Saved entries:
+ + + + + + +

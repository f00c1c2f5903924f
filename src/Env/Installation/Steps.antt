-- ===== src/Env/Installation/Steps.antt =====
-- `runInstallation`, when it returns.
use org_muhkuh_tools_flasher.Common.{
  ℕ, ◌≡◌, refl, sym, subst, ◌∙◌, ap, Bool, true, false, not, ◌&&◌, ◌==◌, Option, some,
  if◌then◌else◌, some-injective,
}
use org_muhkuh_tools_flasher.Common.Io.{
  Io, ◌>>=◌, ◌>>◌, raise, gets, bind_some, result_is, bind_step, raise-return, Keeps, bind-Keeps,
  if-Keeps,
}
use org_muhkuh_tools_flasher.Common.Words.{Word, codes}
use org_muhkuh_tools_flasher.Common.Paths.{join}
use org_muhkuh_tools_flasher.Carriers.System.{World, on_rest}
use org_muhkuh_tools_flasher.Env.Installation.{
  InstallSystem, Reference, flasher_folder, tar_flasher, gen_name_flasher_archive, extract_tar_gz,
  extract_zip, copy_files, copyfile_by_wildcard, apply_test_romloader,
  install_flasher_version_unpack, when, patch, install_romloader_plugin, run_installation,
}
use org_muhkuh_tools_flasher.Env.Installation.Installed.{
  IsUnpacked, extract_tar_gz-IsUnpacked, on_rest-some, on_rest-cwd,
}

module _ {R M : Type 0} (sys : InstallSystem R M) (r : Reference) where
  -- The archive of the operating system: a zip archive is opened in the working directory.
  abbrev pub IsUnpackedFor : Bool → Word → World R → World R → Type 0
  IsUnpackedFor true archive w v = IsUnpacked sys archive r.base_root w v
  IsUnpackedFor false archive w v =
      (sys.extract_all w.cwd archive r.base_root w.rest ≡ (some tt, v.rest)) × (v.cwd ≡ w.cwd)

  extract_zip-some :
      (archive folder : Word) (w v : World R)
      → extract_zip sys archive folder w ≡ (some tt, v)
      → (sys.extract_all w.cwd archive folder w.rest ≡ (some tt, v.rest)) × (v.cwd ≡ w.cwd)
  unfolding extract_zip
  extract_zip-some archive folder w v h =
      let e =
        sym (
          bind_step (gets (λ (u : World R). u.cwd))
            (λ cwd. on_rest (sys.extract_all cwd archive folder)) w refl)
        ∙ h in
      (
        on_rest-some (sys.extract_all w.cwd archive folder) w v e,
        on_rest-cwd (sys.extract_all w.cwd archive folder) w v e,
      )

  unpacked :
      (linux : Bool) (archive : Word) (w v : World R)
      → (if linux
            then extract_tar_gz sys archive r.base_root
            else extract_zip sys archive r.base_root)
          w
        ≡ (some tt, v)
      → IsUnpackedFor linux archive w v
  unpacked true archive w v h = extract_tar_gz-IsUnpacked sys archive r.base_root w v h
  unpacked false archive w v h = extract_zip-some archive r.base_root w v h

  -- The files for the test of the romloader are copied in the same working directory.
  copyfile_by_wildcard-Keeps :
      (wildcard target c : Word)
      → Keeps (λ (u : World R). u.cwd ≡ c) (copyfile_by_wildcard sys wildcard target)
  unfolding copyfile_by_wildcard
  copyfile_by_wildcard-Keeps wildcard target c =
      bind-Keeps (λ (u : World R). u.cwd ≡ c) (gets (λ (w : World R). w))
        (λ (w : World R). on_rest (copy_files sys w.cwd target (sys.glob w.cwd wildcard w.rest)))
        (λ w h. h) (λ a w h. h)

  copy_test : ℕ → Word → Io (World R) Unit
  copy_test err cwd =
      if err == 0
      then on_rest (sys.copy cwd (join r.base_root (codes "test_romloader.lua")) (flasher_folder r))
      else raise

  apply_test_romloader-Keeps :
      (c : Word) → Keeps (λ (u : World R). u.cwd ≡ c) (apply_test_romloader sys r)
  unfolding apply_test_romloader copy_test
  apply_test_romloader-Keeps c =
      bind-Keeps (λ (u : World R). u.cwd ≡ c)
        (copyfile_by_wildcard sys
          (join (join r.base_root (codes "netxbins")) (codes "montest_*.bin"))
          (join (flasher_folder r) (codes "netx")))
        (λ err. gets (λ (w : World R). w.cwd) >>= copy_test err)
        (copyfile_by_wildcard-Keeps
          (join (join r.base_root (codes "netxbins")) (codes "montest_*.bin"))
          (join (flasher_folder r) (codes "netx")) c)
        (λ err.
          bind-Keeps (λ (u : World R). u.cwd ≡ c) (gets (λ (w : World R). w.cwd)) (copy_test err)
            (λ w h. h)
            (λ cwd.
              if-Keeps (λ (u : World R). u.cwd ≡ c) (err == 0)
                (on_rest
                  (sys.copy cwd (join r.base_root (codes "test_romloader.lua")) (flasher_folder r)))
                raise (λ w h. h) (λ w h. h)))

  when-Keeps :
      (b : Bool) (c : Word)
      → Keeps (λ (u : World R). u.cwd ≡ c) (when sys r b (apply_test_romloader sys r))
  unfolding when
  when-Keeps true c = apply_test_romloader-Keeps c
  when-Keeps false c = λ w h. h

  patch-some :
      (b : Bool) (n : ℕ) (w v : World R)
      → patch sys r b w ≡ (some n, v)
      → (b ≡ false) × (n ≡ 0) × (v ≡ w)
  unfolding patch install_romloader_plugin
  patch-some true n w v h = absurd (raise-return h)
  patch-some false n w v h = let (a, b) = result_is h in (refl, sym a, sym b)

  tar-cwd :
      (archive folder : Word) (w v : World R)
      → ((c : Word) (s : R) → sys.chdir c w.cwd s ≡ some w.cwd)
      → IsUnpacked sys archive folder w v
      → v.cwd ≡ w.cwd
  tar-cwd archive folder w v back i =
      some-injective v.cwd w.cwd (sym i.leaves ∙ back i.inside v.rest)

  for-cwd :
      (linux : Bool) (archive : Word) (w v : World R)
      → ((c : Word) (s : R) → sys.chdir c w.cwd s ≡ some w.cwd)
      → IsUnpackedFor linux archive w v
      → v.cwd ≡ w.cwd
  for-cwd true archive w v back i = tar-cwd archive r.base_root w v back i
  for-cwd false archive w v back (e, c) = c

  -- If the path of the working directory leads to itself and `runInstallation` returns: all
  -- members of the archive of the flasher were extracted in the root folder, then the archive of
  -- the operating system was unpacked, on Windows from a path that starts at the working
  -- directory; the working directory is as before, no patch of the romloader was asked for, and
  -- the result is 0.
  pub run_installation-IsUnpacked :
      (force32 romloader : Bool) (n : ℕ) (w v : World R)
      → ((c : Word) (s : R) → sys.chdir c w.cwd s ≡ some w.cwd)
      → run_installation sys r force32 romloader w ≡ (some n, v)
      → (u x : World R) × IsUnpacked sys (tar_flasher r) r.base_root w u
        × IsUnpackedFor r.is_linux (gen_name_flasher_archive r (force32 && not r.on_linux)) u x
        × (x.cwd ≡ w.cwd)
        × (v.cwd ≡ w.cwd)
        × (r.apply_romloader_patch ≡ false)
        × (n ≡ 0)
  unfolding run_installation install_flasher_version_unpack
  run_installation-IsUnpacked force32 romloader n w v back h =
      let archive = gen_name_flasher_archive r (force32 && not r.on_linux) in
      let (_, u, a, g) =
        bind_some (extract_tar_gz sys (tar_flasher r) r.base_root)
          (λ _.
            install_flasher_version_unpack sys r archive
            >> (when sys r romloader (apply_test_romloader sys r)
                >> patch sys r r.apply_romloader_patch))
          h in
      let (_, x, b, k) =
        bind_some (install_flasher_version_unpack sys r archive)
          (λ _.
            when sys r romloader (apply_test_romloader sys r)
            >> patch sys r r.apply_romloader_patch)
          g in
      let (_, y, c, p) =
        bind_some (when sys r romloader (apply_test_romloader sys r))
          (λ _. patch sys r r.apply_romloader_patch) k in
      let first = extract_tar_gz-IsUnpacked sys (tar_flasher r) r.base_root w u a in
      let second = unpacked r.is_linux archive u x b in
      let home : u.cwd ≡ w.cwd = tar-cwd (tar_flasher r) r.base_root w u back first in
      let still : x.cwd ≡ w.cwd =
        for-cwd r.is_linux archive u x
          (subst (λ d. (c : Word) (s : R) → sys.chdir c d s ≡ some d) (sym home) back) second
        ∙ home in
      let (no_patch, zero_, same) = patch-some r.apply_romloader_patch n y v p in
      let after : y.cwd ≡ w.cwd =
        subst (λ (q : Option _ × World R). q.1.cwd ≡ w.cwd) c
          (when-Keeps romloader w.cwd x still) in
      (u, x, first, second, still, ap (λ (q : World R). q.cwd) same ∙ after, no_patch, zero_)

+ + + + + + +

Task details:
The reply must consist solely of the lines from the one containing "subst (λ (q" through the last line of the data, reproduced exactly.

Task answer:
        subst (λ (q : Option _ × World R). q.1.cwd ≡ w.cwd) c
          (when-Keeps romloader w.cwd x still) in
      (u, x, first, second, still, ap (λ (q : World R). q.cwd) same ∙ after, no_patch, zero_)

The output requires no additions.